Ceux qui participeront comme témoins dans les prochains mois « sont mus par des idéaux de justice véritable et définitive. C’est-à-dire un exercice curatif, de guérison, non seulement pour nous qui étions prisonniers à Coronda. Mais aussi pour nos familles qui ont supporté de manière égale des vexations systématiques[6]», affirme Guillermo Martini, qui sera l’un des premiers à témoigner dans la seconde semaine de décembre.
« Nous pensons aussi à tous les prisonniers ayant souffert dans tous les centre de détention, légaux ou clandestins, durant cette étape horrible dans la vie institutionnelle de notre pays », souligne-t-il.
Sans oublier particulièrement, « le Gringo Voisard, dirigeant syndical d’un petit village, avec sa casquette penchée et son rire franc ; le Palito Gorosito, avec ses convictions non-négociables et sa grande humilité ; le Negro Hormaeche, avec sa militance syndicale et sa musique ; Raúl San Martín, ouvrier métallurgiste, que les geôliers laissèrent mourir d’une méningite aigue ».
Et ce souvenir, cet hommage, ne peut se limiter à des noms individuels, insiste Martini. « A nos côtés, il y aura nos frères et nos parents qui ne sont plus vivants, et les milliers de camarades, hommes et femmes, qui se sont engagés en faveur d’une patrie libre et juste, inclusive pour tous et qui ont perdu leur vie ou leur liberté dans cette tentative de la concrétiser… Notre engagement pour la mémoire et la vérité avec justice est dédiée à leur mémoire », conclut-il.
- Sergio Ferrari, journaliste, et le photographe José Cettour, auteur des images sont, des anciens prisonniers politiques de la prison de Coronda et membres de l’Association civile El Periscopio.
[1] Le troisième inculpé de ce procès, le commandant de gendarmerie Octavio Zirone, est décédé en 2014.
[2] Le nom de l’association vient de « périscope », instrument d’une utilité vitale pour la résistance à Coronda.
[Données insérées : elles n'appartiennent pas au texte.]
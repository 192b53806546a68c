-- ===== src/Stdio/Format/Print/Shows.antt =====
-- What vsnprintf prints: a format without directives, and a number as itoa writes it.
use c_lite.Base.{
  ℕ, zero, suc, ◌-◌, ◌/◌, ◌%◌, ◌^◌, ◌≤◌, ◌<◌, ◌≡◌, ◌≢◌, inl, inr, refl, sym, ap, ◌∙◌, false, List,
  [], ◌∷◌, ◌++◌, append-nil, append_assoc, some, lt→ltb, ==→eq, ==→ne, ne→==, ◌==◌, if◌then◌else◌,
  length, take, arith, Bool-cases,
}
use c_lite.Text.{Bytes, has}
use c_lite.Stdlib.Number.{negate, is_negative, itoa_loop, itoa, digit_char}
use c_lite.Stdlib.Number.RoundTrip.{half_power, quotient_bounds}
use c_lite.Stdio.Format.{Out, put, put_all, put_pad, format_num, num_loop, num_text}
use c_lite.Stdio.Format.Double.{Doubles}
use c_lite.Stdio.Format.Print.{Printed, printed, Arg, word, print_loop, snprintf, directive}

abbrev out : Bytes → ℕ → Out
out text rem = record { text = text; rem = rem }

put_free : (c n : ℕ) (text : Bytes) → put c (out text (suc (suc n))) ≡ out (text ++ c ∷ []) (suc n)
unfolding put
put_free c n text =
    let less : suc (suc n) - 1 ≡ suc n = omega arith in
    rw (lt→ltb 1 (suc (suc n)) (omega arith), less) refl

put_full : (c : ℕ) (text : Bytes) → put c (out text 1) ≡ out text 1
unfolding put
put_full c text = refl

-- The bytes that fit are written.
put_all-take : (cs text : Bytes) (n : ℕ) → (put_all cs (out text (suc n))).text ≡ text ++ take n cs
unfolding put_all
put_all-take [] text zero = sym (append-nil text)
put_all-take [] text (suc n) = sym (append-nil text)
put_all-take (c ∷ cs) text zero = put_all-take cs text zero
put_all-take (c ∷ cs) text (suc n) =
    ap (λ o. (put_all cs o).text) (put_free c n text)
    ∙ put_all-take cs (text ++ c ∷ []) n
    ∙ append_assoc text (c ∷ []) (take n cs)

-- The loop of format_num writes the digits that the loop of itoa writes.
num_loop-zero : (f base : ℕ) (acc : Bytes) → num_loop f base false 0 acc ≡ acc
unfolding num_loop
num_loop-zero zero base acc = refl
num_loop-zero (suc f) base acc = refl

num_loop-itoa_loop :
    (f base u : ℕ) (acc : Bytes)
    → 2 ≤ base
    → u ≢ 0
    → u < 2 ^ f
    → itoa_loop f base u acc ≡ some (num_loop f base false u acc)
unfolding itoa_loop num_loop
num_loop-itoa_loop zero base u acc low ne small = absurd (omega arith)
num_loop-itoa_loop (suc f) base u acc low ne small =
    let (whole, below, half) = quotient_bounds u base low in
    elim (Bool-cases (u / base == 0)) [
      | inl single ↦
          rw (single, ne→== u 0 ne, ==→eq _ _ single)
            (ap some (sym (num_loop-zero f base (digit_char (u % base) ∷ acc))))
      | inr more ↦
          rw (more, ne→== u 0 ne)
            (num_loop-itoa_loop f base (u / base) (digit_char (u % base) ∷ acc) low (==→ne _ _ more)
              (half_power (u / base) u f half small))
    ]

text-itoa_loop :
    (f u : ℕ)
    → u < 2 ^ f
    → 0 < f
    → itoa_loop f 10 u [] ≡ some (if u == 0 then b'0' ∷ [] else num_loop f 10 false u [])
text-itoa_loop zero u small pos = absurd (omega arith)
text-itoa_loop (suc f) u small pos = elim (Bool-cases (u == 0)) [
  | inl nothing ↦ rw (nothing, ==→eq u 0 nothing) (unfold itoa_loop in refl)
  | inr more ↦ rw more (num_loop-itoa_loop (suc f) 10 u [] (omega arith) (==→ne u 0 more) small)
]

num_text-itoa_loop : (u : ℕ) → u < 2 ^ 32 → itoa_loop 32 10 u [] ≡ some (num_text 10 false u)
unfolding num_text
num_text-itoa_loop u small = text-itoa_loop 32 u small (omega arith)

-- The text of a signed word.
abbrev signed_text : ℕ → Bytes
signed_text w =
    let digits = num_text 10 false (if is_negative w then negate w else w) in
    if is_negative w then b'-' ∷ digits else digits

itoa-signed_text : (w : ℕ) → w < 2 ^ 32 → itoa w 10 ≡ some (signed_text w)
unfolding itoa
itoa-signed_text w small = elim (Bool-cases (is_negative w)) [
  | inl minus ↦ rw (minus, num_text-itoa_loop (negate w) (omega arith)) refl
  | inr plain ↦ rw (plain, num_text-itoa_loop w small) refl
]

format_num-take :
    (w n : ℕ)
    → (format_num
        (if is_negative w then negate w else w)
        10
        false
        0
        b' '
        (is_negative w)
        false
        (out [] (suc n))).text
      ≡ take n (signed_text w)
unfolding format_num put_pad
format_num-take w n =
    let no_pad : 0 - length (signed_text w) ≡ 0 = omega arith in
    rw no_pad (put_all-take (signed_text w) [] n)

no_percent : (c : ℕ) (cs : Bytes) → has b'%' (c ∷ cs) ≡ false → (c ≢ b'%') × (has b'%' cs ≡ false)
unfolding has
no_percent c cs plain = ground arith

module _ (D : Doubles) where
  plain_step :
      (f n c : ℕ) (cs text : Bytes) (args : List (Arg D))
      → c ≢ b'%'
      → print_loop D (suc f) (c ∷ cs) args (out text (suc (suc n)))
        ≡ print_loop D f cs args (out (text ++ c ∷ []) (suc n))
  unfolding print_loop
  plain_step f n c cs text args ne =
      let less : suc (suc n) - 1 ≡ suc n = omega arith in
      rw (lt→ltb 1 (suc (suc n)) (omega arith), ne→== c b'%' ne, less) refl

  directive-signed :
      (n w : ℕ) (go : Bytes → List (Arg D) → Out → Printed)
      → directive D (b'd' ∷ []) (word w ∷ []) (out [] (suc n)) go
        ≡ go [] [] (
            format_num
              (if is_negative w then negate w else w)
              10
              false
              0
              b' '
              (is_negative w)
              false
              (out [] (suc n)))
  unfolding directive
  directive-signed n w go = refl

  print_loop-directive :
      (f n c : ℕ) (cs text : Bytes) (args : List (Arg D))
      → c ≢ 0
      → c ≢ b'%'
      → print_loop D (suc f) (b'%' ∷ c ∷ cs) args (out text (suc (suc n)))
        ≡ directive D (c ∷ cs) args (out text (suc (suc n))) (print_loop D f)
  unfolding print_loop
  print_loop-directive f n c cs text args ne np =
      rw (lt→ltb 1 (suc (suc n)) (omega arith), ne→== c 0 ne, ne→== c b'%' np) refl

  print_loop-end :
      (f : ℕ) (args : List (Arg D)) (o : Out) → print_loop D (suc f) [] args o ≡ printed o.text
  unfolding print_loop
  print_loop-end f args o = refl

  snprintf-print_loop :
      (f n : ℕ) (format : Bytes) (args : List (Arg D))
      → snprintf D f (suc n) format args ≡ print_loop D f format args (out [] (suc n))
  unfolding snprintf
  snprintf-print_loop f n format args = rw (ne→== (suc n) 0 (omega arith)) refl

  -- For every 32-bit word and a buffer that is not empty, with fuel from 2 on: with "%d", snprintf prints the
  -- text that itoa writes in base 10, cut to the buffer.
  pub snprintf-itoa :
      (f n w : ℕ)
      → w < 2 ^ 32
      → (text : Bytes) × (itoa w 10 ≡ some text)
        × (snprintf D (suc (suc f)) (suc n) (b'%' ∷ b'd' ∷ []) (word w ∷ [])
            ≡ printed (take n text))
  snprintf-itoa f zero w small = (
    signed_text w,
    itoa-signed_text w small,
    snprintf-print_loop (suc (suc f)) 0 (b'%' ∷ b'd' ∷ []) (word w ∷ [])
        ∙ (unfold print_loop in refl),
  )
  snprintf-itoa f (suc n) w small = (
    signed_text w,
    itoa-signed_text w small,
    snprintf-print_loop (suc (suc f)) (suc n) (b'%' ∷ b'd' ∷ []) (word w ∷ [])
        ∙ print_loop-directive (suc f) n b'd' [] [] (word w ∷ []) (omega arith) (omega arith)
        ∙ directive-signed (suc n) w (print_loop D (suc f))
        ∙ print_loop-end f [] _
        ∙ ap printed (format_num-take w (suc n)),
  )

  print_loop-plain :
      (cs text : Bytes) (f n : ℕ) (args : List (Arg D))
      → has b'%' cs ≡ false
      → length cs < f
      → print_loop D f cs args (out text (suc n)) ≡ printed (text ++ take n cs)
  print_loop-plain cs text zero n args plain enough = absurd (omega arith)
  print_loop-plain [] text (suc f) zero args plain enough =
      print_loop-end f args _ ∙ ap printed (sym (append-nil text))
  print_loop-plain [] text (suc f) (suc n) args plain enough =
      print_loop-end f args _ ∙ ap printed (sym (append-nil text))
  print_loop-plain (c ∷ cs) text (suc f) zero args plain enough =
      unfold print_loop in ap printed (sym (append-nil text))
  print_loop-plain (c ∷ cs) text (suc f) (suc n) args plain enough =
      let (other, later) = no_percent c cs plain in
      plain_step f n c cs text args other
      ∙ print_loop-plain cs (text ++ c ∷ []) f n args later (omega arith)
      ∙ ap printed (append_assoc text (c ∷ []) (take n cs))

  -- A format without '%' is printed as it stands, cut to the buffer.
  pub snprintf-plain :
      (format : Bytes) (f n : ℕ) (args : List (Arg D))
      → has b'%' format ≡ false
      → length format < f
      → snprintf D f (suc n) format args ≡ printed (take n format)
  snprintf-plain format f n args plain enough =
      snprintf-print_loop f n format args ∙ print_loop-plain format [] f n args plain enough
Celui-ci consistait en un minuscule morceau de verre, collé sur une masse de pain obscurcie avec de la cendre et encapsulé partiellement dans du plastique vert obtenu d’une capsule du tube de dentifrice. Il était soutenu par une paille de balai. On le sortait par les trous de la partie inférieure de la porte de la cellule pour contrôler les mouvements des geôliers.
[3] 3) On estime que 1.153 prisonniers politiques ont passé à Coronda, de 1974 à 1979, date de sa fermeture comme centre de détention pour des prisonniers pour causes politiques, syndicales et étudiantes.
[4] L’écrivain uruguayen Eduardo Galeano (décédé en 2015) écrivit dans l’épilogue du livre : « Ce témoignage des prisonniers de Coronda est un autre apport au sauvetage de la mémoire collective. Celle-ci respire, cachée sous l’amnésie obligatoire ». Le livre fut présenté, à partir de 2003, dans plus d’une centaine d’activités publiques en Argentine et à l’extérieur : en Suisse, en France, au Canada et au Pérou.
[5] Des organismes de défense des droits humains estiment à 30.000 le nombre des prisonniers-disparus. Selon différentes sources, le nombre des prisonniers politiques reconnus oscille autour de 10.000. Il y eut par ailleurs des dizaines de milliers d’exilés à l’extérieur et à l’intérieur de l’Argentine
[6] Les vexations pratiquées contre les familles furent aussi brutales que celles exercées contre les détenus. Bien qu’à partir de 1977, lors des visites restreintes à 15 minutes tous les 45 jours, il n’y avait aucun contact physique, les épouses et les mères des prisonniers étaient contraintes, à maintes occasions, à se dénuder pour subir des fouilles corporelles incluant le toucher vaginal. Dans des milliers de cas, lors de leur arrivée à Coronda, on informait les prisonniers qu’ils ne pourraient pas voir leur famille, parce qu’ils étaient « punis ».